Physics is unsafe. Something, somewhere needs to provide the safe core.

> And concurrency safety would need to get rid of their blocking IO, which they haven't even acknowledged.

Is your position that blocking IO can't be compatible with concurrency safety? That's a strange claim. Can you explain?

1 comments

Sure, but then they shout all over how safe they are. They got rid of the safeties pretty late, when they ripped out their GC, but kept their false promises all over.

No, that's common knowledge. I fixed concurrency safety by forbidding blocking IO. Others also. Maybe there are other ways, but never heard of other ways.

> They got rid of the safeties pretty late, when they ripped out their GC, but kept their false promises all over.

This seems like a non-sequitur to me? The presence/absence of a GC is not dispositive with respect to determining "safety", especially when the GC itself involves unsafe code.
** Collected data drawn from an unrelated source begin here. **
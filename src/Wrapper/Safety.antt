-- ===== src/Wrapper/Safety.antt =====
-- lib/wrapper.c: no call gets to an implementation with a private state that is not its own.
use genwqe_user.Prelude.{
  ℕ, zero, suc, ◌≤◌, ◌≡◌, refl, true, false, ◌||◌, Option, none, some, List, arith, length,
  if-cases, ℤ,
}
use genwqe_user.Hardware.Buffers.{Zstream}
use genwqe_user.Wrapper.Backend.{
  Zerr, Zrc, ok, is_ok, Impl, sw_impl, hw_impl, is_hw, Opened, opened, failed, Backends, Priv, null,
  freed, of_hw, of_sw, Internal, Out,
}
use genwqe_user.Wrapper.Inflate.{max_dict_len, dispatch, keep, through, try_init, init_loop}
use genwqe_user.Wrapper.Inflate

abbrev pub Matches : {H Z : Type 0} → Impl → Priv H Z → Type 0
Matches hw_impl (of_hw x) = Unit
Matches sw_impl (of_sw x) = Unit
Matches _ _ = ⊥

-- The private state is one of the implementation in use, and the copy of the dictionary fits.
abbrev pub Sound : {H Z : Type 0} → Internal H Z → Type 0
Sound w = Matches w.impl w.priv_data × (w.dict_length ≤ 32768)

abbrev pub SoundState : {H Z : Type 0} → Option (Internal H Z) → Type 0
SoundState none = Unit
SoundState (some w) = Sound w

abbrev pub Safe : {H Z : Type 0} → Option (Out H Z) → Type 0
Safe none = ⊥
Safe (some o) = SoundState o.state

pub dispatch-cases :
    {H Z A : Type 0} (P : Option A → Type 0) (h : H → A) (z : Z → A) (i : Impl) (p : Priv H Z)
    → Matches i p
    → ((x : H) → i ≡ hw_impl → P (some (h x)))
    → ((x : Z) → i ≡ sw_impl → P (some (z x)))
    → P (dispatch h z i p)
dispatch-cases P h z hw_impl (of_hw x) m f g = f x refl
dispatch-cases P h z sw_impl (of_sw x) m f g = g x refl
dispatch-cases P h z hw_impl null m f g = absurd m
dispatch-cases P h z hw_impl freed m f g = absurd m
dispatch-cases P h z hw_impl (of_sw x) m f g = absurd m
dispatch-cases P h z sw_impl null m f g = absurd m
dispatch-cases P h z sw_impl freed m f g = absurd m
dispatch-cases P h z sw_impl (of_hw x) m f g = absurd m

pub through-Safe :
    {H Z : Type 0} (h : H → Zrc × Zstream × H) (z : Z → Zrc × Zstream × Z) (w : Internal H Z)
    → Sound w
    → Safe (through h z w)
through-Safe h z w s =
    dispatch-cases Safe (λ x. keep of_hw w (h x)) (λ x. keep of_sw w (z x)) w.impl w.priv_data s.0
      (λ x e. (rw e tt, s.1)) (λ x e. (rw e tt, s.1))

-- What is opened is a state of the implementation `i`.
unfoldable pub OpensIn : {H Z : Type 0} → Impl → Opened (Priv H Z) → Type 0
OpensIn i (opened p) = Matches i p
OpensIn i (failed e) = Unit

pub wrapped-OpensIn :
    {H Z X : Type 0} (mk : X → Priv H Z) (i : Impl)
    → ((x : X) → Matches i (mk x))
    → (r : Zstream × Opened X) → OpensIn i (Inflate.wrapped mk r).1
unfolding OpensIn
wrapped-OpensIn mk i m (s, opened x) = m x
wrapped-OpensIn mk i m (s, failed e) = tt

module _ {H Z : Type 0} (b : Backends H Z) where
  clear_totals-Safe : (r : Option (Out H Z)) → Safe r → Safe (Inflate.clear_totals b r)
  clear_totals-Safe none s = s
  clear_totals-Safe (some o) s = s

  pub reset-Safe :
      (strm : Zstream) (w : Internal H Z) → Sound w → Safe (Inflate.inflate_reset b strm w)
  unfolding Inflate.inflate_reset
  reset-Safe strm w s =
      clear_totals-Safe _
        (through-Safe (b.hw.inflate_reset strm) (b.sw.inflate_reset strm) _ (s.0, omega arith))

  pub reset2-Safe :
      (bits : ℤ) (strm : Zstream) (w : Internal H Z)
      → Sound w
      → Safe (Inflate.inflate_reset2 b bits strm w)
  unfolding Inflate.inflate_reset2
  reset2-Safe bits strm w s = clear_totals-Safe _ (
      through-Safe (b.hw.inflate_reset2 bits strm) (b.sw.inflate_reset2 bits strm) _
        (s.0, omega arith))

  pub set_dictionary-Safe :
      (dict : List ℕ) (strm : Zstream) (w : Internal H Z)
      → length dict ≤ 32768
      → Sound w
      → Safe (Inflate.inflate_set_dictionary b dict strm w)
  unfolding Inflate.inflate_set_dictionary
  set_dictionary-Safe dict strm w h s =
      through-Safe (b.hw.inflate_set_dictionary dict strm) (b.sw.inflate_set_dictionary dict strm) _
        (if-cases Sound (is_hw w.impl || b.has_get_dictionary) (λ _. s) (λ _. (s.0, h)))

  pub get_header-Safe :
      (head : ℕ) (strm : Zstream) (w : Internal H Z)
      → Sound w
      → Safe (Inflate.inflate_get_header b head strm w)
  unfolding Inflate.inflate_get_header
  get_header-Safe head strm w s =
      through-Safe (b.hw.inflate_get_header head strm) (b.sw.inflate_get_header head strm) _ s

  pub prime-Safe :
      (bits value : ℤ) (strm : Zstream) (w : Internal H Z)
      → Sound w
      → Safe (Inflate.inflate_prime b bits value strm w)
  unfolding Inflate.inflate_prime
  prime-Safe bits value strm w s = through-Safe _ (b.inflate_prime bits value strm) w s

  pub sync-Safe :
      (strm : Zstream) (w : Internal H Z) → Sound w → Safe (Inflate.inflate_sync b strm w)
  unfolding Inflate.inflate_sync
  sync-Safe strm w s = through-Safe _ (b.inflate_sync strm) w s

  -- __inflateEnd gets to the implementation.
  unfoldable pub Ended : {A : Type 0} → Option A → Type 0
  Ended none = ⊥
  Ended (some a) = Unit

  pub end_state-Ended :
      (strm : Zstream) (w : Internal H Z) → Sound w → Ended (Inflate.end_state b strm w)
  unfolding Inflate.end_state Ended
  end_state-Ended strm w s =
      dispatch-cases Ended (b.hw.inflate_end strm) (b.sw.inflate_end strm) w.impl w.priv_data s.0
        (λ x e. tt) (λ x e. tt)

  pub end-Safe : (strm : Zstream) (w : Internal H Z) → Sound w → Safe (Inflate.inflate_end b strm w)
  unfolding Inflate.inflate_end Inflate.end_state
  end-Safe strm w s =
      dispatch-cases
        (λ r. Safe {H = H} {Z = Z} (elim r [
          | none ↦ none
          | some (rc, t) ↦ some (record { rc = rc; strm = t; state = none })
        ]))
        (b.hw.inflate_end strm) (b.sw.inflate_end strm) w.impl w.priv_data s.0 (λ x e. tt)
        (λ x e. tt)

  try_init-OpensIn : (strm : Zstream) (bits : ℤ) (i : Impl) → OpensIn i (try_init b strm bits i).1
  try_init-OpensIn strm bits hw_impl = wrapped-OpensIn of_hw hw_impl (λ x. tt) _
  try_init-OpensIn strm bits sw_impl = wrapped-OpensIn of_sw sw_impl (λ x. tt) _

  abbrev pub Inits : Zstream × Zrc × Internal H Z → Type 0
  Inits r = is_ok r.1 ≡ true → Sound r.2

  tried :
      (n : ℕ) (s : Zstream) (r : Opened (Priv H Z)) (w : Internal H Z)
      → w.dict_length ≤ 32768
      → OpensIn w.impl r
      → ((e : Zerr)
          → Inits (init_loop b n e s (record w { impl = sw_impl; allow_switching = false })))
      → Inits (elim r [
        | opened p ↦ (s, ok, record w { priv_data = p })
        | failed e' ↦ init_loop b n e' s (record w { impl = sw_impl; allow_switching = false })
      ])
  unfolding OpensIn
  tried n s (opened p) w h m rest x = (m, h)
  tried n s (failed e) w h m rest x = rest e x

  pub init_loop-Inits :
      (n : ℕ) (e : Zerr) (strm : Zstream) (w : Internal H Z)
      → w.dict_length ≤ 32768
      → Inits (init_loop b n e strm w)
  unfolding init_loop
  init_loop-Inits zero e strm w h x = absurd (ground arith)
  init_loop-Inits (suc n) e strm w h x =
      let r = try_init b strm w.window_bits w.impl in
      tried n r.0 r.1 w h (try_init-OpensIn strm w.window_bits w.impl)
        (λ e'. init_loop-Inits n e' r.0 (record w { impl = sw_impl; allow_switching = false }) h) x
Have you ever seen a GC system with memory unsafeties? I cannot remember any
I think so, assuming I'm thinking of the same thing you are, but I think that's somewhat besides the point. What I'm trying to say is twofold:

- The presence of a GC doesn't guarantee memory safety since there are sources of memory unsafety that GCs don't/can't cover (i.e., escape hatches and/or FFI), not to mention the possibility of bugs in the GC implementation itself.

- The absence of a GC doesn't preclude memory safety since you can "just" refuse to compile anything which you can't prove to be memory-safe modulo escape hatches and/or axioms and/or FFI (and bugs, unfortunately). Formal verification toolchains for C (Frama-C, seL4's setup, etc.) and Ada/SPARK's stricter modes are good examples of this.

In the case of Rust:

- `unsafe` blocks (or at least their precursors) were added in 2011 [0].

- Rust's reference-counting GC was removed in 2014 [1].

That's why I think "ripped out their GC" is a bit of a non-sequitur for "got rid of the safeties". Rust wasn't entirely safe before the GC was removed because `unsafe` already existed. And even after the GC was removed, the entire point of Rust's infamous strictness is to reject programs for which safety can't be proved (modulo the same sources that existed before the GC was removed), so the removal of GC does not necessarily imply losing memory safety either.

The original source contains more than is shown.